Too many puzzles are predicated on separating Lana and Amy using ridiculous contrivances, such as Amy being unable to climb ladders, or elevators that can only be activated by buttons on the other side of the room. If not that, then you'll be sighing in dismay at how many locked doors will only open after you've retrieved - wait for it - colour coded key cards. There's simply no sense that this is a logical story, set in a real place and populated by actual characters. If common sense must be thrown out of the window to cram another obvious video game obstacle in your path, then so be it.
The problems quickly pile up, from minor irritations such as the way Amy lets go of Lana's hand at the slightest brush with scenery, to major inconveniences, such as the arrival of military goons who kill you on sight. Coupled with the idiotic checkpoint system and the game's half-baked idea of stealth, they make progress a hit or miss affair.
Crucially, the game simply isn't scary. Huge portions of gameplay are spent blundering around empty corridors, fighting the swaying camera and looking for the way ahead. The monsters are drab and obvious, while encounters are rare to begin with. Whatever thin atmosphere the game tries to muster by making gas pipes hiss and electricity spark as you walk past dissipates long before anything resembling pace or excitement can rear its head.
Games can survive bad dialogue and wonky mechanisms provided the experience has charm and originality. Deadly Premonition, the obvious example, suffers from many of the same technical issues as Amy, but is far and away a more entertaining ride thanks to its unique oddball style. Equally, plenty of games can be perfectly entertaining despite a lack of originality, provided they're served up with polish, pace and style.
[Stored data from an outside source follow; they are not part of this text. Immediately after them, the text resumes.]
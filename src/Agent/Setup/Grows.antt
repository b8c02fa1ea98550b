-- ===== src/Agent/Setup/Grows.antt =====
-- The interfaces of the host while the agent sets up its bridges: none goes, and none loses its master.
use teleskop.Agent.Service.{Services}
use teleskop.Agent.Setup.{Bridge, setup_bridge, setup_bridges}
use teleskop.Api.Requests.{AddBridgeRequest}
use teleskop.Common.{◌≡◌, Bool, true, List, [], ◌∷◌}
use teleskop.Go.Action.{raise}
use teleskop.Go.Error.{Error, plain}
use teleskop.Go.Int.{ℤ}
use teleskop.Go.Moves.{IsPreorder, Moves, Moves-pure, Moves-bind, Moves-if}
use teleskop.Go.Text.{Text}
use teleskop.Network.Handlers.{
  add_metadata_interface, create_bridge, add_bridge, create_vlan, add_vlan_interface,
  add_interface_to_bridge,
}
use teleskop.Network.Netlink.{Netlink, Networks}
use teleskop.Network.Veth.{
  add_veth, find_peer, create_veth_peer_if_not_exists, add_teleskop_interface,
}
use teleskop.Network.Preserves.{
  LinkPrimitives, NetworkPrimitives, add_bridge-Moves, add_vlan_interface-Moves,
  add_interface_to_bridge-Moves,
}

-- `there` tells whether an interface of a name is there, `mastered` whether it has a master.
module _ {Host : Type 0} (there mastered : Host → Text → Bool) where
  pub record Grows (u v : Host) : Type 0 where
    pub stays_there : (n : Text) → there u n ≡ true → there v n ≡ true
    pub stays_mastered : (n : Text) → mastered u n ≡ true → mastered v n ≡ true

  pub Grows-order : IsPreorder Grows
  Grows-order = record {
    stay = λ w. record { stays_there = λ n h. h; stays_mastered = λ n h. h };
    go_on = λ u v w h k. record {
      stays_there = λ n p. k.stays_there n (h.stays_there n p);
      stays_mastered = λ n p. k.stays_mastered n (h.stays_mastered n p);
    };
  }

  -- No call but those that delete takes an interface or its master away.
  pub record IsAdditive (netlink : Netlink Host) (networks : Networks Host) : Type 0 where
    pub link_by_name : (name : Text) → Moves Grows (netlink.link_by_name name)
    pub link_by_index : (index : ℤ) → Moves Grows (netlink.link_by_index index)
    pub link_add : (link : netlink.Link) → Moves Grows (netlink.link_add link)
    pub link_set_up : (link : netlink.Link) → Moves Grows (netlink.link_set_up link)
    pub link_set_master :
        (link bridge : netlink.Link) → Moves Grows (netlink.link_set_master link bridge)
    pub veth_peer_index : (link : netlink.Link) → Moves Grows (netlink.veth_peer_index link)
    pub addr_list : (link : netlink.Link) → Moves Grows (netlink.addr_list link)
    pub addr_add :
        (link : netlink.Link) (addr : netlink.Addr) → Moves Grows (netlink.addr_add link addr)
    pub lookup : (name : Text) → Moves Grows (networks.network_lookup_by_name name)
    pub define : (xml : Text) → Moves Grows (networks.network_define_xml xml)
    pub create : (network : networks.Network) → Moves Grows (networks.network_create network)

  left_out : Error
  left_out = plain "not called"

  -- The calls that delete, which the setup does not use, put out of the way.
  abbrev adding_links : Netlink Host → Netlink Host
  adding_links netlink = record netlink {
    link_del = λ link. raise left_out;
    link_set_down = λ link. raise left_out;
    link_set_no_master = λ link. raise left_out;
    addr_del = λ link addr. raise left_out;
  }

  abbrev adding_networks : Networks Host → Networks Host
  adding_networks networks = record networks {
    network_destroy = λ network. raise left_out;
    network_undefine = λ network. raise left_out;
  }

  module _ (netlink : Netlink Host) (networks : Networks Host)
      (laws : IsAdditive netlink networks) where
    adding_link_calls : LinkPrimitives (adding_links netlink) Grows
    adding_link_calls = record {
      link_by_name = laws.link_by_name;
      link_by_index = laws.link_by_index;
      link_add = laws.link_add;
      link_del = λ link. record { at = Grows-order.stay };
      link_set_up = laws.link_set_up;
      link_set_down = λ link. record { at = Grows-order.stay };
      link_set_master = laws.link_set_master;
      link_set_no_master = λ link. record { at = Grows-order.stay };
      veth_peer_index = laws.veth_peer_index;
      addr_list = laws.addr_list;
      addr_add = laws.addr_add;
      addr_del = λ link addr. record { at = Grows-order.stay };
    }

    adding_network_calls : NetworkPrimitives (adding_networks networks) Grows
    adding_network_calls = record {
      lookup = laws.lookup;
      define = laws.define;
      create = laws.create;
      destroy = λ network. record { at = Grows-order.stay };
      undefine = λ network. record { at = Grows-order.stay };
    }

module _ (s : Services) (there mastered : s.iptables.Host → Text → Bool)
    (laws : IsAdditive there mastered s.netlink s.networks) where
  abbrev links : Netlink s.iptables.Host
  links = adding_links there mastered s.netlink

  add_bridge-Grows :
      (req : AddBridgeRequest)
      → Moves (Grows there mastered) (add_bridge s.netlink s.networks s.net req)
  unfolding add_bridge create_bridge add_metadata_interface add_teleskop_interface
      create_veth_peer_if_not_exists add_veth find_peer
  add_bridge-Grows req =
      add_bridge-Moves links (Grows there mastered) (Grows-order there mastered)
        (adding_link_calls there mastered s.netlink s.networks laws)
        (adding_networks there mastered s.networks)
        (adding_network_calls there mastered s.netlink s.networks laws) s.net req

  pub setup_bridge-Grows :
      (parent : Text) (bridge : Bridge)
      → Moves (Grows there mastered) (setup_bridge s parent bridge)
  unfolding setup_bridge add_vlan_interface create_vlan add_interface_to_bridge
  setup_bridge-Grows parent bridge =
      Moves-bind _ (Grows-order there mastered) _ _ (add_bridge-Grows _) λ _.
        Moves-if _ (Grows-order there mastered) _ _ _ (Moves-pure _ (Grows-order there mastered) tt)
          (Moves-bind _ (Grows-order there mastered) _ _
            (add_vlan_interface-Moves links (Grows there mastered) (Grows-order there mastered)
              (adding_link_calls there mastered s.netlink s.networks laws) _)
            λ _.
              add_interface_to_bridge-Moves links (Grows there mastered)
                (Grows-order there mastered)
                (adding_link_calls there mastered s.netlink s.networks laws) _)

  pub setup_bridges-Grows :
      (parent : Text) (bridges : List Bridge)
      → Moves (Grows there mastered) (setup_bridges s parent bridges)
  unfolding setup_bridges
  setup_bridges-Grows parent [] = Moves-pure _ (Grows-order there mastered) tt
  setup_bridges-Grows parent (bridge ∷ bridges) =
      Moves-bind _ (Grows-order there mastered) _ _ (setup_bridge-Grows parent bridge)
        λ _. setup_bridges-Grows parent bridges
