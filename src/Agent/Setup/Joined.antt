-- ===== src/Agent/Setup/Joined.antt =====
-- The VLAN interfaces of the datastore's bridges after the agent's setup of them.
use teleskop.Agent.Service.{Services}
use teleskop.Agent.Setup.{
  Bridge, bridge_request, vlan_request, member_request, setup_bridge, setup_bridges,
}
use teleskop.Agent.Setup.Grows.{Grows, IsAdditive, setup_bridges-Grows}
use teleskop.Api.Requests.{AddInterfaceToBridgeRequest}
use teleskop.Common.{
  ⊤, ◌≡◌, refl, sym, ap, ◌∙◌, Bool, true, false, not, if◌then◌else◌, List, [], ◌∷◌, ◌++◌,
}
use teleskop.Go.Action.{Action, pure, wrap_error}
use teleskop.Go.Error.{ok, internal, status}
use teleskop.Go.Int.{pos, eq_int}
use teleskop.Go.Text.{Text}
use teleskop.Go.Triple.{Triple, Triple-any, Triple-wrap, Triple-bind}
use teleskop.Network.Handlers.{add_bridge, add_vlan_interface, add_interface_to_bridge, vlan_name}
use teleskop.Network.Netlink.{Netlink}

module _ {Host : Type 0} (there mastered : Host → Text → Bool) where
  -- What LinkByName and LinkSetMaster are documented to do.
  pub record IsLawful (netlink : Netlink Host) : Type 0 where
    -- The interface that LinkByName returns is there, has the name, and tells whether it has a master.
    pub finds :
        (n : Text) (w : Host) (link : netlink.Link)
        → (netlink.link_by_name n w).0 ≡ ok link
        → there (netlink.link_by_name n w).1 n ≡ true
    pub finds_name :
        (n : Text) (w : Host) (link : netlink.Link)
        → (netlink.link_by_name n w).0 ≡ ok link
        → netlink.name link ≡ n
    pub finds_master :
        (n : Text) (w : Host) (link : netlink.Link)
        → (netlink.link_by_name n w).0 ≡ ok link
        → mastered (netlink.link_by_name n w).1 n ≡ not (eq_int (netlink.master_index link) (pos 0))
    pub joins :
        (link bridge : netlink.Link) (w : Host)
        → (netlink.link_set_master link bridge w).0 ≡ ok tt
        → mastered (netlink.link_set_master link bridge w).1 (netlink.name link) ≡ true

  -- The bridge and the interface are there, and the interface has a master.
  pub record IsJoined (bridge interface : Text) (w : Host) : Type 0 where
    pub bridge_there : there w bridge ≡ true
    pub interface_there : there w interface ≡ true
    pub interface_mastered : mastered w interface ≡ true

  later_step :
      (bridge interface : Text) (u v : Host)
      → Grows there mastered u v
      → IsJoined bridge interface u
      → IsJoined bridge interface v
  later_step bridge interface u v g h = record {
    bridge_there = g.stays_there bridge h.bridge_there;
    interface_there = g.stays_there interface h.interface_there;
    interface_mastered = g.stays_mastered interface h.interface_mastered;
  }

module _ (s : Services) (there mastered : s.iptables.Host → Text → Bool)
    (laws : IsLawful there mastered s.netlink)
    (additive : IsAdditive there mastered s.netlink s.networks) where
  open s.netlink use {Link}

  -- Both interfaces are found.
  record IsFound (bridge interface : Text) (link : Link) (w : s.iptables.Host) : Type 0 where
    bridge_there : there w bridge ≡ true
    interface_there : there w interface ≡ true
    named : s.netlink.name link ≡ interface
    told : mastered w interface ≡ not (eq_int (s.netlink.master_index link) (pos 0))

  bridge_step : (n : Text) → Triple (λ _. ⊤) (s.netlink.link_by_name n) (λ _ w. there w n ≡ true)
  bridge_step n = record { at = λ w link _ h. laws.finds n w link h }

  interface_step :
      (bridge n : Text)
      → Triple (λ w. there w bridge ≡ true) (s.netlink.link_by_name n) (IsFound bridge n)
  interface_step bridge n = record {
    at = λ w link p h. record {
      bridge_there = ((additive.link_by_name n).at w).stays_there bridge p;
      interface_there = laws.finds n w link h;
      named = laws.finds_name n w link h;
      told = laws.finds_master n w link h;
    };
  }

  master_step :
      (bridge n : Text) (link above : Link)
      → Triple
          (IsFound bridge n link)
          (s.netlink.link_set_master link above)
          (λ _. IsJoined there mastered bridge n)
  master_step bridge n link above = record {
    at = λ w a p h.
        let grows = (additive.link_set_master link above).at w in
        record {
          bridge_there = grows.stays_there bridge p.bridge_there;
          interface_there = grows.stays_there n p.interface_there;
          interface_mastered =
              ap (mastered (s.netlink.link_set_master link above w).1) (sym p.named)
              ∙ laws.joins link above w h;
        };
  }

  choice_step :
      (bridge n : Text) (link above : Link) (free : Bool)
      → eq_int (s.netlink.master_index link) (pos 0) ≡ free
      → Triple
          (IsFound bridge n link)
          (if not free
            then pure tt
            else wrap_error
                (s.netlink.link_set_master link above)
                (status internal "failed to add interface to bridge: %+v"))
          (λ _. IsJoined there mastered bridge n)
  choice_step bridge n link above true e = Triple-wrap _ _ _ _ (master_step bridge n link above)
  choice_step bridge n link above false e = record {
    at = λ w a p h. record {
      bridge_there = p.bridge_there;
      interface_there = p.interface_there;
      interface_mastered = p.told ∙ ap not e;
    };
  }

  add_interface_to_bridge_step :
      (req : AddInterfaceToBridgeRequest)
      → Triple
          (λ _. ⊤)
          (add_interface_to_bridge s.netlink req)
          (λ _. IsJoined there mastered req.bridge req.interface)
  unfolding add_interface_to_bridge
  add_interface_to_bridge_step req =
      Triple-bind _ _ _ _ _ (Triple-wrap _ _ _ _ (bridge_step req.bridge)) λ above.
        Triple-bind _ _ _ _ _ (Triple-wrap _ _ _ _ (interface_step req.bridge req.interface))
          λ link.
            choice_step req.bridge req.interface link above
              (eq_int (s.netlink.master_index link) (pos 0)) refl

  external_step :
      (internal_only : Bool) (m : Action s.iptables.Host ⊤) (Q : ⊤ → s.iptables.Host → Type 0)
      → internal_only ≡ false
      → Triple (λ _. ⊤) m Q
      → Triple (λ _. ⊤) (if internal_only then pure tt else m) Q
  external_step false m Q external h = h
  external_step true m Q external h = cc

  setup_bridge_step :
      (parent : Text) (bridge : Bridge)
      → bridge.internal_only ≡ false
      → Triple
          (λ _. ⊤)
          (setup_bridge s parent bridge)
          (λ _. IsJoined there mastered bridge.name (vlan_name parent bridge.vlan_id))
  unfolding setup_bridge
  setup_bridge_step parent bridge external =
      Triple-bind _ (add_bridge s.netlink s.networks s.net (bridge_request bridge)) _ _ _
        (Triple-any _ _)
        λ _. external_step bridge.internal_only _ _ external (
          Triple-bind _ (add_vlan_interface s.netlink (vlan_request parent bridge)) _ _ _
            (Triple-any _ _) λ _. add_interface_to_bridge_step (member_request parent bridge))

  setup_bridges_step :
      (parent : Text) (before after : List Bridge) (bridge : Bridge)
      → bridge.internal_only ≡ false
      → Triple
          (λ _. ⊤)
          (setup_bridges s parent (before ++ bridge ∷ after))
          (λ _. IsJoined there mastered bridge.name (vlan_name parent bridge.vlan_id))
  unfolding setup_bridges
  setup_bridges_step parent [] after bridge external =
      Triple-bind _ _ _ _ _ (setup_bridge_step parent bridge external) λ _. record {
        at = λ w a p h.
            later_step there mastered _ _ _ _
              ((setup_bridges-Grows s there mastered additive parent after).at w) p;
      }
  setup_bridges_step parent (first ∷ before) after bridge external =
      Triple-bind _ _ _ _ _ (Triple-any _ _)
        λ _. setup_bridges_step parent before after bridge external

  -- When the loop of setup over the bridges of the datastore returns no error, then for each of them that is
  -- not internal, wherever it stands in the list, there is an interface of the bridge's name and one of the
  -- parent's name, a dot and the bridge's VLAN id, and the second has a master. netlink is lawful, and no call
  -- of the host but those that delete takes away an interface or its master.
  pub setup_bridges_lem :
      (parent : Text) (before after : List Bridge) (bridge : Bridge) (w : s.iptables.Host)
      → bridge.internal_only ≡ false
      → (setup_bridges s parent (before ++ bridge ∷ after) w).0 ≡ ok tt
      → IsJoined there mastered bridge.name
          (vlan_name parent bridge.vlan_id)
          (setup_bridges s parent (before ++ bridge ∷ after) w).1
  setup_bridges_lem parent before after bridge w external h =
      (setup_bridges_step parent before after bridge external).at w tt tt h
Amy fails on all counts. It's plagued by jerky movement, poor scripting, weak puzzles and shoddy checkpointing, but it's also a characterless mess of themes and ideas swiped from a dozen better horror titles. Neither quirky enough to be forgiven its unfinished feel nor polished enough to satisfy the base gaming itch, Amy is a crushing disappointment with little to recommend it. With classic titles from both the Silent Hill and Resident Evil series getting HD re-releases there's absolutely no reason to suffer this shambolic imitation in search of your survival horror fix.